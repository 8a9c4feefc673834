-- ===== src/MasterKey/Protocol.antt =====
-- What the messages achieve: the NVRAM has a key that the kernel knows, and a wait is in vain only when
-- the helper has exited.
use mathlib.Core.Path.{subst}
use secure_deletion.Common.{ℕ, zero, suc, true, false, ◌≡◌, refl, sym, ◌⊎◌, inl, inr}
use secure_deletion.MasterKey.System.{
  idle, getting, setting, System, Step, key_taken, set_finished, served, received, Reach, start,
}
use secure_deletion.MasterKey.Config.{
  Config, key_wanted, key_asked, key_sent, key_lost, key_replied, key_come, at_rest, set_asked,
  set_sent, set_lost, set_replied, set_acked, state, Follows,
}
use secure_deletion.MasterKey.Steps.{Step-Follows, Reach-IsConfig}

module _ (encrypt decrypt : (sec_key key : ℕ) → ℕ) where
  -- Within `n` steps, whichever they are, the system is in a state of `P`, and until then it has a
  -- step.
  abbrev pub Leads : (n : ℕ) → (System → Type 0) → System → Type 0
  Leads zero P s = P s
  Leads (suc n) P s =
      P s
      ⊎ (((t : System) × Step encrypt decrypt s t)
          × ((t : System) → Step encrypt decrypt s t → Leads n P t))

  -- The request of a new key is over: both sides have it.
  abbrev pub IsRenewed : (sec_key new_key : ℕ) → System → Type 0
  IsRenewed sec_key new_key s =
      (s.phase ≡ idle) × (s.dev.master_key ≡ new_key) × (s.nvram ≡ encrypt sec_key new_key)

  -- The constructor has the key of the NVRAM.
  abbrev pub IsOpen : (sec_key nvram : ℕ) → System → Type 0
  IsOpen sec_key nvram s =
      (s.phase ≡ idle) × (s.dev.master_key ≡ decrypt sec_key nvram) × (s.nvram ≡ nvram)

  -- The helper has exited, and there is no step any more.
  abbrev pub IsLost : System → Type 0
  IsLost s = (s.helper ≡ false) × ((t : System) → Step encrypt decrypt s t → ⊥)

  module _ (eraser_name sec_key : ℕ) (law : (k : ℕ) → decrypt sec_key (encrypt sec_key k) ≡ k) where
    abbrev at : Config → System
    at = state encrypt decrypt eraser_name sec_key

    abbrev Known : System → Type 0
    Known s =
        (decrypt sec_key s.nvram ≡ s.dev.master_key)
        ⊎ (decrypt sec_key s.nvram ≡ s.dev.new_master_key)

    Config-Known : (c : Config) → (at c).dev.got_key ≡ true → Known (at c)
    Config-Known (key_wanted m k v) got = cc
    Config-Known (key_asked m k v) got = cc
    Config-Known (key_sent m k v) got = cc
    Config-Known (key_lost m k v) got = cc
    Config-Known (key_replied m k v) got = cc
    Config-Known (key_come m k v) got = inl refl
    Config-Known (at_rest k v) got = inl refl
    Config-Known (set_asked k v) got = inl refl
    Config-Known (set_sent k v) got = inl refl
    Config-Known (set_lost k v) got = inl refl
    Config-Known (set_replied m k) got = inr (law k)
    Config-Known (set_acked m k) got = inr (law k)

    follows :
        (c : Config) (u : System)
        → Step encrypt decrypt (at c) u
        → Follows encrypt decrypt eraser_name sec_key c u
    follows = Step-Follows encrypt decrypt eraser_name sec_key law

    -- A state that waits leads where its only successor does.
    Leads-on :
        (n : ℕ) (P : System → Type 0) (c d : Config) (t : System)
        → Step encrypt decrypt (at c) t
        → ((u : System) → Step encrypt decrypt (at c) u → u ≡ at d)
        → Leads n P (at d)
        → Leads (suc n) P (at c)
    Leads-on n P c d t step only h = inr ((t, step), λ u st. subst (Leads n P) (sym (only u st)) h)

    -- A state with a request leads where its answer does, or to one in which the helper has exited.
    Leads-served :
        (n : ℕ) (P : System → Type 0) (c d e : Config) (t : System)
        → Step encrypt decrypt (at c) t
        → ((u : System) → Step encrypt decrypt (at c) u → (u ≡ at d) ⊎ (u ≡ at e))
        → Leads n P (at d)
        → Leads n P (at e)
        → Leads (suc n) P (at c)
    Leads-served n P c d e t step only h k = inr (
      (t, step),
      λ u st. elim (only u st) [
        | inl q ↦ subst (Leads n P) (sym q) h
        | inr q ↦ subst (Leads n P) (sym q) k
      ],
    )

    abbrev Renewed : (k : ℕ) → System → Type 0
    Renewed k s = IsRenewed sec_key k s ⊎ IsLost s

    abbrev Open : (v : ℕ) → System → Type 0
    Open v s = IsOpen sec_key v s ⊎ IsLost s

    set_lost-IsLost : (k v : ℕ) → IsLost (at (set_lost k v))
    set_lost-IsLost k v = (refl, follows (set_lost k v))

    key_lost-IsLost : (m k v : ℕ) → IsLost (at (key_lost m k v))
    key_lost-IsLost m k v = (refl, follows (key_lost m k v))

    Leads-set_acked : (m k : ℕ) → Leads 1 (Renewed k) (at (set_acked m k))
    Leads-set_acked m k =
        Leads-on 0 (Renewed k) (set_acked m k) (at_rest k (encrypt sec_key k)) _
          (set_finished (at (set_acked m k)) refl refl) (follows (set_acked m k))
          (inl (refl, law k, refl))

    Leads-set_replied : (m k : ℕ) → Leads 2 (Renewed k) (at (set_replied m k))
    Leads-set_replied m k =
        Leads-on 1 (Renewed k) (set_replied m k) (set_acked m k) _
          (received _ _ (at (set_replied m k)) refl) (follows (set_replied m k))
          (Leads-set_acked m k)

    Leads-set_sent : (k v : ℕ) → Leads 3 (Renewed k) (at (set_sent k v))
    Leads-set_sent k v =
        Leads-served 2 (Renewed k) (set_sent k v) (set_replied (decrypt sec_key v) k) (set_lost k v)
          _ (served true _ _ (at (set_sent k v)) refl refl) (follows (set_sent k v))
          (Leads-set_replied (decrypt sec_key v) k) (inl (inr (set_lost-IsLost k v)))

    Leads-key_come : (m k v : ℕ) → Leads 1 (Open v) (at (key_come m k v))
    Leads-key_come m k v =
        Leads-on 0 (Open v) (key_come m k v) (at_rest k v) _
          (key_taken (at (key_come m k v)) refl refl) (follows (key_come m k v))
          (inl (refl, refl, refl))

    Leads-key_replied : (m k v : ℕ) → Leads 2 (Open v) (at (key_replied m k v))
    Leads-key_replied m k v =
        Leads-on 1 (Open v) (key_replied m k v) (key_come m k v) _
          (received _ _ (at (key_replied m k v)) refl) (follows (key_replied m k v))
          (Leads-key_come m k v)

    Leads-key_sent : (m k v : ℕ) → Leads 3 (Open v) (at (key_sent m k v))
    Leads-key_sent m k v =
        Leads-served 2 (Open v) (key_sent m k v) (key_replied m k v) (key_lost m k v) _
          (served true _ _ (at (key_sent m k v)) refl refl) (follows (key_sent m k v))
          (Leads-key_replied m k v) (inl (inr (key_lost-IsLost m k v)))

    Leads-more : (n : ℕ) (P : System → Type 0) (s : System) → Leads n P s → Leads (suc n) P s
    Leads-more zero P s h = inl h
    Leads-more (suc n) P s (inl h) = inl h
    Leads-more (suc n) P s (inr (step, h)) = inr (step, λ t st. Leads-more n P t (h t st))

    Config-set :
        (c : Config) → (at c).phase ≡ setting → Leads 3 (Renewed (at c).dev.new_master_key) (at c)
    Config-set (set_sent k v) e = Leads-set_sent k v
    Config-set (set_lost k v) e = inl (inr (set_lost-IsLost k v))
    Config-set (set_replied m k) e = Leads-more 2 _ _ (Leads-set_replied m k)
    Config-set (set_acked m k) e = Leads-more 2 _ _ (Leads-more 1 _ _ (Leads-set_acked m k))
    Config-set (key_wanted m k v) e = cc
    Config-set (key_asked m k v) e = cc
    Config-set (key_sent m k v) e = cc
    Config-set (key_lost m k v) e = cc
    Config-set (key_replied m k v) e = cc
    Config-set (key_come m k v) e = cc
    Config-set (at_rest k v) e = cc
    Config-set (set_asked k v) e = cc

    Config-get : (c : Config) → (at c).phase ≡ getting → Leads 3 (Open (at c).nvram) (at c)
    Config-get (key_sent m k v) e = Leads-key_sent m k v
    Config-get (key_lost m k v) e = inl (inr (key_lost-IsLost m k v))
    Config-get (key_replied m k v) e = Leads-more 2 _ _ (Leads-key_replied m k v)
    Config-get (key_come m k v) e = Leads-more 2 _ _ (Leads-more 1 _ _ (Leads-key_come m k v))
    Config-get (set_asked k v) e = cc
    Config-get (set_sent k v) e = cc
    Config-get (set_lost k v) e = cc
    Config-get (set_replied m k) e = cc
    Config-get (set_acked m k) e = cc
    Config-get (key_wanted m k v) e = cc
    Config-get (key_asked m k v) e = cc
    Config-get (at_rest k v) e = cc

-- In every state that is reached from a device before its constructor has asked for the key, once it has
-- got the key, and also when the helper has exited, what the NVRAM holds decrypts to the master key in
-- memory or to the new one that it is being replaced by. The cipher must decrypt what it encrypted under
-- the sector key. Nothing is said of the key that the disk is under.
pub Reach-known :
    (encrypt decrypt : (sec_key key : ℕ) → ℕ) (eraser_name sec_key nvram : ℕ) (s : System)
    → ((k : ℕ) → decrypt sec_key (encrypt sec_key k) ≡ k)
    → Reach encrypt decrypt (start eraser_name sec_key nvram) s
    → s.dev.got_key ≡ true
    → (decrypt sec_key s.nvram ≡ s.dev.master_key)
      ⊎ (decrypt sec_key s.nvram ≡ s.dev.new_master_key)
Reach-known encrypt decrypt eraser_name sec_key nvram s law reach =
    let (c, e) = Reach-IsConfig encrypt decrypt eraser_name sec_key law nvram s reach in
    subst
      (λ x.
        x.dev.got_key ≡ true
        → (decrypt sec_key x.nvram ≡ x.dev.master_key)
          ⊎ (decrypt sec_key x.nvram ≡ x.dev.new_master_key))
      (sym e) (Config-Known encrypt decrypt eraser_name sec_key law c)

-- In every reachable state in which `holepunch_tpm_set_master` waits, within three steps, whichever they
-- are, with a step at each until then, one of two things is so: the wait is over, and the new key is both
-- the master key in memory and, encrypted, what the NVRAM holds; or the helper, whose NVRAM has failed,
-- has exited, and the wait has no end, since there is no step any more. The cipher decrypts what it
-- encrypted under the sector key, and what the helper sends arrives.
pub set-Leads :
    (encrypt decrypt : (sec_key key : ℕ) → ℕ) (eraser_name sec_key nvram : ℕ) (s : System)
    → ((k : ℕ) → decrypt sec_key (encrypt sec_key k) ≡ k)
    → Reach encrypt decrypt (start eraser_name sec_key nvram) s
    → s.phase ≡ setting
    → Leads encrypt decrypt 3
        (λ u. IsRenewed encrypt decrypt sec_key s.dev.new_master_key u ⊎ IsLost encrypt decrypt u)
        s
set-Leads encrypt decrypt eraser_name sec_key nvram s law reach =
    let (c, e) = Reach-IsConfig encrypt decrypt eraser_name sec_key law nvram s reach in
    subst
      (λ x.
        x.phase ≡ setting
        → Leads encrypt decrypt 3
            (λ u.
              IsRenewed encrypt decrypt sec_key x.dev.new_master_key u ⊎ IsLost encrypt decrypt u)
            x)
      (sym e) (Config-set encrypt decrypt eraser_name sec_key law c)

-- In every reachable state in which the constructor waits for the master key, within three steps,
-- whichever they are, with a step at each until then, one of two things is so: it has the key that the
-- NVRAM held, decrypted; or the helper, whose NVRAM has failed, has exited, and the wait has no end, since
-- there is no step any more. The cipher decrypts what it encrypted under the sector key, and what the
-- helper sends arrives.
pub get-Leads :
    (encrypt decrypt : (sec_key key : ℕ) → ℕ) (eraser_name sec_key nvram : ℕ) (s : System)
    → ((k : ℕ) → decrypt sec_key (encrypt sec_key k) ≡ k)
    → Reach encrypt decrypt (start eraser_name sec_key nvram) s
    → s.phase ≡ getting
    → Leads encrypt decrypt 3
        (λ u. IsOpen encrypt decrypt sec_key s.nvram u ⊎ IsLost encrypt decrypt u)
        s
get-Leads encrypt decrypt eraser_name sec_key nvram s law reach =
    let (c, e) = Reach-IsConfig encrypt decrypt eraser_name sec_key law nvram s reach in
    subst
      (λ x.
        x.phase ≡ getting
        → Leads encrypt decrypt 3
            (λ u. IsOpen encrypt decrypt sec_key x.nvram u ⊎ IsLost encrypt decrypt u) x)
      (sym e) (Config-get encrypt decrypt eraser_name sec_key law c)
+--
:: EXERCISE DIRECTIONS ::
What do the lines above say from the one containing "-- has exited, and" down to the one containing "set-Leads encrypt decrypt"? Return them exactly, both end lines included, and only them.

:: YOUR RESPONSE ::
-- has exited, and the wait has no end, since there is no step any more. The cipher decrypts what it
-- encrypted under the sector key, and what the helper sends arrives.
pub set-Leads :
    (encrypt decrypt : (sec_key key : ℕ) → ℕ) (eraser_name sec_key nvram : ℕ) (s : System)
    → ((k : ℕ) → decrypt sec_key (encrypt sec_key k) ≡ k)
    → Reach encrypt decrypt (start eraser_name sec_key nvram) s
    → s.phase ≡ setting
    → Leads encrypt decrypt 3
        (λ u. IsRenewed encrypt decrypt sec_key s.dev.new_master_key u ⊎ IsLost encrypt decrypt u)
        s
set-Leads encrypt decrypt eraser_name sec_key nvram s law reach =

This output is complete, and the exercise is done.